H-T: I think they were put up that morning. And it doesn't matter when they were put up. At the point that people were arrested, it was during the daytime. And the tents traditionally had been allowed during the daytime, and only the night before, the rules were changed so that they needed prior approval. Isn't that what caused the confusion?
Carter: Again, that's your perspective. I disagree.
H-T: How do you expect people not to be confused if for decades they have been allowed to have tents during the day and the night before …
Carter (interjects): How about you let me explain?
H-T: You said there was no confusion.
Carter: From my perspective, there was not, because of the way we were directly communicating with the folks that were there. IU told us that those people on Dunn Meadow in the tents, overnight and are trespassing and they need to be removed.
H-T: Overnight I totally understand, but the situation started on Thursday during the day. People were setting up tents during the day, and during the daytime, the tents were being removed.
Carter: Yeah, well, there was Thursday, that we were there for the first time. We were there again on Friday night. And then we went back on Saturday, so we gave them adequate time. I don’t think there was any confusion about that overnight issue.
H-T: I’m not talking about overnight …
Carter (interjects): Listen, we were going to do this on Friday night, but I just wouldn’t subject my troopers to that when it’s dark.
H-T: I think the issue that people are having is that there are a lot of people who were arrested during the daytime. And going back decades, people had been allowed to use tents during the daytime, and that rule was changed the night before the protests on Wednesday evening. And so people were confused on Thursday during the day when they put up the tents.
Carter: They weren’t arrested for camping.

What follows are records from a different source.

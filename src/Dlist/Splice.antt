-- ===== src/Dlist/Splice.antt =====
-- rcuDlistInsertAfter and rcuDlistRemove.
use relativistic_hash_table.Base.{◌≡◌, ◌≢◌, some, arith}
use relativistic_hash_table.Memory.{Ptr, Mem, ◌>>◌}
use relativistic_hash_table.Memory.Ensures.{Ensures, returns, loads, stores}
use relativistic_hash_table.Dlist.{prev_of, insert_after, remove}

-- The cells of two heads do not overlap.
abbrev pub Apart : Ptr → Ptr → Type 0
Apart p q = (p ≢ q) × (prev_of p ≢ q) × (p ≢ prev_of q)

-- `p` and `q` are neighbours in a list, which may be the two ends of an empty one.
pub record Neighbours (m : Mem) (p q : Ptr) : Type 0 where
  pub next : m.next p ≡ some q
  pub prev : m.next (prev_of q) ≡ some p
  pub no_overlap : p ≢ prev_of q

-- Inserting a head between two neighbours and removing it again makes them neighbours again, and
-- changes no other cell than those of the head, which still leads on to both of them.
pub insert_after-remove :
    (m : Mem) (p q new a b : Ptr)
    → Neighbours m p q
    → Apart new p
    → Apart new q
    → m.next new ≡ some a
    → m.next (prev_of new) ≡ some b
    → Ensures
        (λ m a m'. Unit {0})
        (λ _ m'.
          Neighbours m' p q
          × (m'.next new ≡ some q)
          × (m'.next (prev_of new) ≡ some p)
          × ((c : Ptr) → c ≢ new → c ≢ prev_of new → m'.next c ≡ m.next c))
        (do insert_after p new; remove new)
        m
unfolding insert_after remove
insert_after-remove m p q new a b n (off, off1, off2) (out, out1, out2) has_next has_prev =
    loads n.next tt (
      stores {o = a} q has_next tt (
        stores {o = b} p (ground arith) tt (
          stores {o = q} new (ground (arith, n.next)) tt (
            stores {o = p} new (ground (arith, n.prev, n.no_overlap)) tt (
              loads {q = p} (ground arith) tt (
                loads {q = q} (ground arith) tt (
                  stores {o = new} q (ground (arith, n.no_overlap)) tt (
                    stores {o = new} p (ground (arith, n.no_overlap)) tt (
                      returns (
                        record {
                          next = ground (arith, n.no_overlap);
                          prev = ground (arith, n.no_overlap);
                          no_overlap = n.no_overlap;
                        },
                        ground arith,
                        ground arith,
                        λ c ne ne1. ground (arith, n.next, n.prev),
                      ))))))))))
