-- ===== src/Dlist/Verify.antt =====
-- The writer of RcuDlistTest: its loops leave the elements that they should, and in the end an empty
-- list.
use relativistic_hash_table.Base.{
  ℕ, zero, suc, ◌<◌, ◌≡◌, refl, sym, ap, fun_ext, Bool, true, false, not, List, [], ◌∷◌, subst,
  if◌then◌else◌, length, filter,
}
use relativistic_hash_table.Memory.{Ptr, Mem, Prog, ret, bind}
use relativistic_hash_table.Memory.Ensures.{Ensures, bind-Ensures, mono, weaken-Ensures}
use relativistic_hash_table.Dlist.Iter.{
  SafeIter, SafeRIter, safe_begin, safe_r_begin, safe_is_end, safe_advance, safe_remove_it,
  safe_r_is_end, safe_r_advance, safe_r_remove_it,
}
use relativistic_hash_table.Dlist.Ring.{IsRing, Any}
use relativistic_hash_table.Dlist.{is_empty}
use relativistic_hash_table.Dlist.Edit.{is_empty-IsRing}
use relativistic_hash_table.Dlist.Erase.{kept, erase_walk-IsRing}
use relativistic_hash_table.Dlist.EraseBack.{r_erase_walk-IsRing}
use relativistic_hash_table.Dlist.Client.{
  erase_loop, r_erase_loop, clear_loop, r_clear_loop, clear_and_verify, is_erased, erase_multiples,
  r_erase_multiples,
}

-- On a list, with more rounds than it has elements, the writer's loop of verify, and that of
-- verifyReversed, ends and leaves exactly the elements whose value modulo 8 is neither 0 nor 1, in
-- their order.
pub erase_multiples-IsRing :
    (value : Ptr → ℕ) (fuel : ℕ) (l : Ptr) (xs : List Ptr) (m : Mem)
    → IsRing m.next l xs
    → length xs < fuel
    → Ensures Any
        (λ _ m'. IsRing m'.next l (filter (λ x. not (is_erased value x)) xs))
        (erase_multiples value fuel l)
        m
      × Ensures Any
          (λ _ m'. IsRing m'.next l (filter (λ x. not (is_erased value x)) xs))
          (r_erase_multiples value fuel l)
          m
unfolding erase_multiples r_erase_multiples
erase_multiples-IsRing value fuel l xs m ring enough = (
  erase_walk-IsRing (is_erased value) l fuel xs m ring enough,
  r_erase_walk-IsRing (is_erased value) l fuel xs m ring enough,
)

clear_loop-erase_loop :
    (l : Ptr) (fuel : ℕ) (it : SafeIter) → clear_loop l fuel it ≡ erase_loop (λ x. true) l fuel it
unfolding clear_loop erase_loop
clear_loop-erase_loop l zero it = refl
clear_loop-erase_loop l (suc fuel) it =
    ap
      (λ (rest : SafeIter → Prog (Unit {0})).
        if safe_is_end it l
        then ret tt
        else bind (safe_remove_it it) (λ _. bind (safe_advance it) rest))
      (fun_ext (clear_loop-erase_loop l fuel))

r_clear_loop-r_erase_loop :
    (l : Ptr) (fuel : ℕ) (it : SafeRIter)
    → r_clear_loop l fuel it ≡ r_erase_loop (λ x. true) l fuel it
unfolding r_clear_loop r_erase_loop
r_clear_loop-r_erase_loop l zero it = refl
r_clear_loop-r_erase_loop l (suc fuel) it =
    ap
      (λ (rest : SafeRIter → Prog (Unit {0})).
        if safe_r_is_end it l
        then ret tt
        else bind (safe_r_remove_it it) (λ _. bind (safe_r_advance it) rest))
      (fun_ext (r_clear_loop-r_erase_loop l fuel))

kept_none : (l : Ptr) (xs : List Ptr) → kept (λ x. true) l xs ≡ []
kept_none l [] = refl
kept_none l (x ∷ xs) = kept_none l xs

module _ (fuel : ℕ) (l : Ptr) (xs : List Ptr) (m : Mem) (ring : IsRing m.next l xs)
    (enough : length xs < fuel) where
  clear_walk-IsRing :
      Ensures Any (λ _ m'. IsRing m'.next l []) (bind (safe_begin l) (λ it. clear_loop l fuel it)) m
  clear_walk-IsRing =
      subst (λ loop. Ensures Any (λ _ m'. IsRing m'.next l []) (bind (safe_begin l) loop) m)
        (sym (fun_ext (clear_loop-erase_loop l fuel)))
        (mono (erase_walk-IsRing (λ x. true) l fuel xs m ring enough)
          λ _ m'. subst (IsRing m'.next l) (kept_none l xs))

  r_clear_walk-IsRing :
      Ensures Any
        (λ _ m'. IsRing m'.next l [])
        (bind (safe_r_begin l) (λ it. r_clear_loop l fuel it))
        m
  r_clear_walk-IsRing =
      subst (λ loop. Ensures Any (λ _ m'. IsRing m'.next l []) (bind (safe_r_begin l) loop) m)
        (sym (fun_ext (r_clear_loop-r_erase_loop l fuel)))
        (mono (r_erase_walk-IsRing (λ x. true) l fuel xs m ring enough)
          λ _ m'. subst (IsRing m'.next l) (kept_none l xs))

  found_empty :
      (m' : Mem)
      → IsRing m'.next l []
      → Ensures Any (λ verified m''. (verified ≡ true) × IsRing m''.next l []) (is_empty l) m'
  found_empty m' done =
      mono (weaken-Ensures (λ m a m' g. tt) (is_empty-IsRing m' l [] done))
        λ verified m'' (found, same). (found, subst (λ now. IsRing now.next l []) (sym same) done)

  -- On a list, with more rounds than it has elements, `clear_and_verify` in either direction removes
  -- all elements and finds the list empty: it does not throw.
  pub clear_and_verify-IsRing :
      (reversely : Bool)
      → Ensures Any
          (λ verified m'. (verified ≡ true) × IsRing m'.next l [])
          (clear_and_verify reversely fuel l)
          m
  unfolding clear_and_verify
  clear_and_verify-IsRing false = bind-Ensures clear_walk-IsRing λ _ m' done. found_empty m' done
  clear_and_verify-IsRing true = bind-Ensures r_clear_walk-IsRing λ _ m' done. found_empty m' done
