-- ===== src/Memory/Reach.antt =====
-- Which cells a reader of a run can get to, and writes that skip a part of a run.
use relativistic_hash_table.Base.{
  Option, ◌≡◌, refl, sym, ap, ◌∙◌, none, some, List, [], ◌∷◌, ◌++◌, arith, ◌==◌, ◌∉◌, ◌∈◌,
  has-append, Bool-cases, inl, inr, ◌⊎◌, ne_of_mem, subst, ==→eq,
}
use relativistic_hash_table.Memory.{Ptr, null, Links, put}
use relativistic_hash_table.Memory.Chain.{first, Chain, Chain-put, Chain-right, put_other}
use relativistic_hash_table.Memory.Leads.{Leads, here, there, Unlinked, Leads-null}

pub Leads-trans : {next : Links} {t y x : Ptr} → Leads next y x → Leads next t y → Leads next t x
Leads-trans here r = r
Leads-trans (there e r') r = there e (Leads-trans r' r)

-- A run is walked from its first cell to what follows it.
pub Chain-Leads :
    (next : Links) (x : Ptr) (xs ys : List Ptr)
    → Chain next null (x ∷ xs ++ ys)
    → Leads next (first ys null) x
Chain-Leads next x [] ys c = there c.1 here
Chain-Leads next x (y ∷ xs) ys c = there c.1 (Chain-Leads next y xs ys c.3)

-- Nothing but `p` itself leads to a cell that no cell is linked to.
pub Unlinked-Leads : {next : Links} {p x : Ptr} → Unlinked next p → Leads next p x → x ≡ p
Unlinked-Leads free here = refl
Unlinked-Leads free (there e r) = absurd (free _ (e ∙ ap some (Unlinked-Leads free r)))

abbrev Past : (next : Links) (p q x t : Ptr) → Type 0
Past next p q x t =
    Leads (put next p (some q)) t x
    × ((gs : List Ptr)
        → x ≡ first gs q
        → Chain next q gs
        → t ∉ gs
        → Leads (put next p (some q)) t q)

same_cell : {o : Option Ptr} (a b : Ptr) → o ≡ some a → o ≡ some b → a ≡ b
same_cell a b e e' = ground arith

Past-step :
    {next : Links} {t x y : Ptr} (p : Ptr) (gone : List Ptr) (q : Ptr)
    → next p ≡ some (first gone q)
    → Chain next q gone
    → t ∉ gone
    → next x ≡ some y
    → Past next p q y t
    → Past next p q x t
Past-step {next} {t} {x} {y} p gone q before c keep e (on, ends) = (now, later)
  where
    now : Leads (put next p (some q)) t x
    now = elim (Bool-cases (x == p)) [
      | inl at ↦
          there {q = q} (ground arith)
            (ends gone (same_cell y (first gone q) e (ap next (==→eq x p at) ∙ before)) c keep)
      | inr off ↦ there {q = y} (ground arith) on
    ]

    later :
        (gs : List Ptr)
        → x ≡ first gs q
        → Chain next q gs
        → t ∉ gs
        → Leads (put next p (some q)) t q
    later [] at c' out = subst (λ z. Leads (put next p (some q)) t z) at now
    later (g ∷ gs) at c' out =
        ends gs (same_cell y (first gs q) e (ap next at ∙ c'.1)) c'.3 (ground arith)

-- A walk after the write that skips the run `gone` behind `p`, also from within that run.
Past-run :
    {next : Links} {t x : Ptr} (p : Ptr) (gone : List Ptr) (q : Ptr)
    → next p ≡ some (first gone q)
    → Chain next q gone
    → t ∉ gone
    → Leads next t x
    → Past next p q x t
Past-run {next} {t} p gone q before c keep here = (here, ends)
  where
    ends :
        (gs : List Ptr)
        → t ≡ first gs q
        → Chain next q gs
        → t ∉ gs
        → Leads (put next p (some q)) t q
    ends [] e c' out = subst (λ z. Leads (put next p (some q)) t z) e here
    ends (g ∷ gs) e c' out = absurd (ground arith)
Past-run p gone q before c keep (there e r) =
    Past-step p gone q before c keep e (Past-run p gone q before c keep r)

-- Skipping the run `gone` behind a cell loses nothing but that run.
pub Leads-put_past_run :
    {next : Links} {t x : Ptr} (p : Ptr) (gone : List Ptr) (q : Ptr)
    → next p ≡ some (first gone q)
    → Chain next q gone
    → t ∉ gone
    → Leads next t x
    → Leads (put next p (some q)) t x
Leads-put_past_run p gone q before c keep r = (Past-run p gone q before c keep r).0

-- A reader within a run stays there until the end.
pub Leads-mem :
    (next : Links) (x y : Ptr) (xs : List Ptr)
    → next null ≡ none
    → Chain next null (x ∷ xs)
    → Leads next y x
    → (y ∈ (x ∷ xs)) ⊎ (y ≡ null)
Leads-mem next x y xs free c here = inl (ground arith)
Leads-mem next x y [] free c (there {q = z} e r) = inr (Leads-null free (same_cell _ _ e c.1) r)
Leads-mem next x y (x' ∷ xs) free c (there {q = z} e r) =
    elim (Leads-mem next x' y xs free c.3 (subst (λ z. Leads next y z) (same_cell _ _ e c.1) r)) [
      | inl at ↦ inl (ground arith)
      | inr end ↦ inr end
    ]

-- A reader within a run does not see a write elsewhere.
put_off_first :
    (next : Links) (x t p q : Ptr) (xs : List Ptr)
    → next null ≡ none
    → Chain next null (x ∷ xs)
    → p ∉ (x ∷ xs)
    → Leads next t x
    → (Leads (put next p (some q)) t x) ⊎ (t ≡ null)
put_off_first next x t p q xs free c off here = inl here
put_off_first next x t p q [] free c off (there e r) = inr (Leads-null free (same_cell _ _ e c.1) r)
put_off_first next x t p q (x' ∷ xs) free c off (there e r) =
    elim (put_off_first next x' t p q xs free c.3 (ground arith)
      (subst (λ z. Leads next t z) (same_cell _ _ e c.1) r)) [
        | inl rest ↦ inl (there {q = x'} (ground arith) rest)
        | inr end ↦ inr end
      ]

pub Leads-put_off :
    (next : Links) (x t p q : Ptr) (xs : List Ptr)
    → next null ≡ none
    → Chain next null xs
    → p ∉ xs
    → x ∈ xs
    → Leads next t x
    → (Leads (put next p (some q)) t x) ⊎ (t ≡ null)
Leads-put_off next x t p q [] free c off at r = absurd (ground arith)
Leads-put_off next x t p q (y ∷ xs) free c off at r = elim (Bool-cases (x == y)) [
  | inl head ↦
      put_off_first next x t p q xs free
        (subst (λ z. Chain next null (z ∷ xs)) (sym (==→eq x y head)) c) (ground arith) r
  | inr tail ↦ Leads-put_off next x t p q xs free c.3 (ground arith) (ground arith) r
]

first-append :
    (xs : List Ptr) (p : Ptr) (ys zs : List Ptr) (stop : Ptr)
    → first (xs ++ p ∷ ys) stop ≡ first (xs ++ p ∷ zs) stop
first-append [] p ys zs stop = refl
first-append (x ∷ xs) p ys zs stop = refl

-- The run `gone` is cut out.
pub Chain-cut :
    (next : Links) (stop : Ptr) (xs : List Ptr) (p : Ptr) (gone ys : List Ptr)
    → Chain next stop (xs ++ p ∷ (gone ++ ys))
    → Chain (put next p (some (first ys stop))) stop (xs ++ p ∷ ys)
Chain-cut next stop [] p gone ys c = (
  c.0,
  ground arith,
  ground (arith, has-append p gone ys),
  Chain-put next stop p (first ys stop) ys (Chain-right next stop gone ys c.3)
      (ground (arith, has-append p gone ys)),
)
Chain-cut next stop (x ∷ xs) p gone ys c = (
  c.0,
  put_other next p (some (first ys stop)) x (
        ne_of_mem (xs ++ p ∷ (gone ++ ys)) c.2 (ground (arith, has-append p xs (p ∷ (gone ++ ys)))))
      ∙ c.1
      ∙ ap some (first-append xs p (gone ++ ys) ys stop),
  ground
      (arith, has-append x xs (p ∷ (gone ++ ys)), has-append x gone ys, has-append x xs (p ∷ ys)),
  Chain-cut next stop xs p gone ys c.3,
)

They were arrested for trespassing. The ISP is not going to focus on administrative rules. That’s not what we do. We enforce state law.
H-T: But didn't they have the right to be there? I mean, why the trespassing charge if it's about tents?
Carter: We're talking circles. I'm not going to continue.
H-T: That's fine. We can go on.
It’s like the case of Dean Bernardo of UCLA’s business school. He suspended Professor Gordon Klein in 2020 for not letting black students postpone their exams, after expressly ordering faculty not to postpone their exams and after the university lawyers had told Dean Bernardo not to take any action against Professor Klein. His chances at trial don’t look good. Klein was a successful consultant in forensic accounting —- he was the chief accountant appointed by the judge in the General Motors bankruptcy, I think— and he says Bernardo wrecked his million-dollar-a-year practice, so even the objective damages are going to be huge. But Bernardo is a business school dean and before that was a finance professor, so he may be good for the entire sum, and Professor Klein is suing him personally. Thus, the Bernardo house may soon be the Klein house (the trial is scheduled for Fall 2024).
To be sure, people at IU do have ample reason to suspect that this particular university president might lie, but it’s always hard to know what an erratic person will do, even if you know they’re erratic.